Edmond a fait s’installer Mila entre ses jambes. Il a réchauffé ses mains et les quatre sont posées sur le ventre de Mila.

Ils restent comme ça longtemps.

Edmond respire doucement et parfois échappe de profonds soupirs. À un moment donné, il ronfle un peu et Mila se rend compte qu’il s’est endormi.

Elle éteint la TV et le réveille doucement. Il titube jusqu’à la chambre, se déshabille et se glisse sous la couette. Mila vient se loger dans son dos, elle l’enlace, sa main et tout son bras autour de son ventre.

Les volets ne sont pas fermés. Dehors, la ville est noire, épaisse.

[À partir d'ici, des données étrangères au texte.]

-- ===== src/Session.antt =====
-- server/net.h, class Session, and server/rtmp.h, class RTMPSession: the state of a connection,
-- its write buffer, and the media messages that it sends.
pub mod Chunks
pub mod Reception
pub mod Receiving
pub mod Progress
pub mod Transfer
pub mod Output
use live_streaming.Base.{
  ℕ, ◌+◌, ◌/◌, ◌%◌, ◌^◌, Bool, true, false, List, [], ◌∷◌, ◌++◌, ◌==◌, if◌then◌else◌, length,
  Option, none, some, ℤ, pos, negsuc, Map, empty_map, bit_and, bit_or, not,
}
use live_streaming.Result.{Result, ok, throws, ◌>>=◌}
use live_streaming.Stream.{ByteStream, Stream, open_stream, close_stream, commit, push_raw}
use live_streaming.Chunk.{ChunkCommon, Message}
use live_streaming.Chunk.Sending.{Outgoing, serialize_chunks}
use live_streaming.Handshake.{CommonHandshakeMessage}

-- RTMPSession::Type, as the client sees it.
pub data SessionType : Type 0 where
  undefined pull push : SessionType

pub data State : Type 0 where
  uninitialized version_sent ack_sent handshake_done : State

-- What the session does not decide: `write_fails key sent data` says whether bufferevent_write
-- refuses `data` on this connection after `sent`, and `uptime` is
-- GetPassedTimeSinceStartedInMicroSeconds.
pub record Environment : Type 0 where
  pub write_fails : ℕ → List ℕ → List ℕ → Bool
  pub uptime : ℕ

-- `sent` is what bufferevent_write has taken so far. A double is its bit pattern.
pub record RtmpSession : Type 0 where
  pub flag : ℕ
  pub read_data_buffer : List ℕ
  pub write_data_buffer : List ℕ
  pub sent : List ℕ
  pub type : SessionType
  pub state : State
  pub c0 : ℕ
  pub c1 : CommonHandshakeMessage
  pub c2 : CommonHandshakeMessage
  pub s1 : CommonHandshakeMessage
  pub s2 : CommonHandshakeMessage
  pub previous_chunk_commons : Map ChunkCommon
  pub message_previous_timestamp : Map ℕ
  pub reading_messages : Map Message
  pub max_chunk_size : ℕ
  pub max_chunk_size_for_sending : ℕ
  pub msid_for_create_stream : ℕ
  pub room_id : ℤ

-- Random data is not initialised: `random` is whatever the memory held.
unfoldable pub new_session : List ℕ → RtmpSession
new_session random =
    let m : CommonHandshakeMessage = record {
      timestamp = 0;
      timestamp_sent = 0;
      random_data = random;
    } in
    record {
      flag = 0;
      read_data_buffer = [];
      write_data_buffer = [];
      sent = [];
      type = undefined;
      state = uninitialized;
      c0 = 0;
      c1 = m;
      c2 = m;
      s1 = m;
      s2 = m;
      previous_chunk_commons = empty_map;
      message_previous_timestamp = empty_map;
      reading_messages = empty_map;
      max_chunk_size = 128;
      max_chunk_size_for_sending = 128;
      msid_for_create_stream = 16776960;
      room_id = negsuc 0;
    }

-- FLAG::NEED_CLOSE
abbrev pub need_close_flag : ℕ
need_close_flag = 1

unfoldable pub is_need_close : RtmpSession → Bool
is_need_close s = not (bit_and s.flag need_close_flag == 0)

unfoldable pub set_need_close : RtmpSession → RtmpSession
set_need_close s = record s { flag = bit_or s.flag need_close_flag }

-- Session::Write on the connection `key`.
unfoldable pub write : Environment → ℕ → RtmpSession → RtmpSession × Bool
write env key s =
    if length s.write_data_buffer == 0
    then (s, true)
    else if env.write_fails key s.sent s.write_data_buffer
    then (s, false)
    else (record s { write_data_buffer = []; sent = s.sent ++ s.write_data_buffer }, true)

-- ByteStream(WriteDataBuffer()) << ... << ByteStream::Commit(): the temporary's destructor reverts
-- to the commit.
unfoldable pub append_output : Stream (Unit {0}) → RtmpSession → Result RtmpSession
append_output w s = w (open_stream s.write_data_buffer) >>= λ (_, bs).
    ok (record s { write_data_buffer = close_stream (commit bs) })

unfoldable pub send_chunked : Environment → Outgoing → RtmpSession → Result RtmpSession
unfolding append_output
send_chunked env m s = append_output (serialize_chunks env.uptime s.max_chunk_size_for_sending m) s

-- An exception is logged and dropped, with what it had appended.
unfoldable pub caught : Result RtmpSession → RtmpSession → Result RtmpSession
caught (ok s') s = ok s'
caught throws s = ok s
caught Result.aborts s = Result.aborts
caught Result.faults s = Result.faults
caught Result.exhausted s = Result.exhausted

unfoldable pub send_media_data : Environment → ℕ → ℕ → ℕ → List ℕ → RtmpSession → Result RtmpSession
unfolding send_chunked caught write
send_media_data env key type timestamp payload s =
    caught
      (send_chunked env
          (record {
            type = type;
            timestamp = timestamp;
            stream_id = s.msid_for_create_stream;
            body = push_raw payload;
          })
          s
        >>= λ s'. ok (write env key s').0)
      s

unfoldable pub send_meta_data : Environment → ℕ → List ℕ → RtmpSession → Result RtmpSession
unfolding send_media_data
send_meta_data env key meta_payload s = send_media_data env key 18 0 meta_payload s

La pluie les berce.

 

— Ne t’en vas pas demain.

— Oui.

— Bonne nuit Princesse.

— Bonne nuit Edmond.

 

 

Je te promets, Johnny Hallyday [3]:

 

J'y crois comme à la terre, j'y crois comme au soleil

J'y crois comme un enfant, comme on peut croire au ciel

J'y crois comme à ta peau, à tes bras qui me serrent

J'te promets une histoire différente des autres

Si tu m'aides à y croire encore

 

Et même si c'est pas vrai, même si je mens

Si les mots sont usés, légers comme du vent

Et même si notre histoire se termine au matin

J'te promets un moment de fièvre et de douceur

Pas toute la nuit mais quelques heures ...

 

Je te promets le sel au baiser de ma bouche

Je te promets le miel à ma main qui te touche

Je te promets le ciel au-dessus de ta couche

Des fleurs et des dentelles pour que tes nuits soient douces…

 



[1] Le Grand Bleu est un film dramatique réalisé par Luc Besson en 1988. Il reçut six nominations aux César dont celui du meilleur film, meilleur réalisateur, meilleur acteur, meilleure musique et meilleur son. Le film de toute une génération ! https://ninerouve.wordpress.com/la-maison/le-monde/les-elements/#legrandbleu

[2] Le grip est une position ou prise de mains sur un manche, en général relatif à un équipement de sport : raquette, club de golf.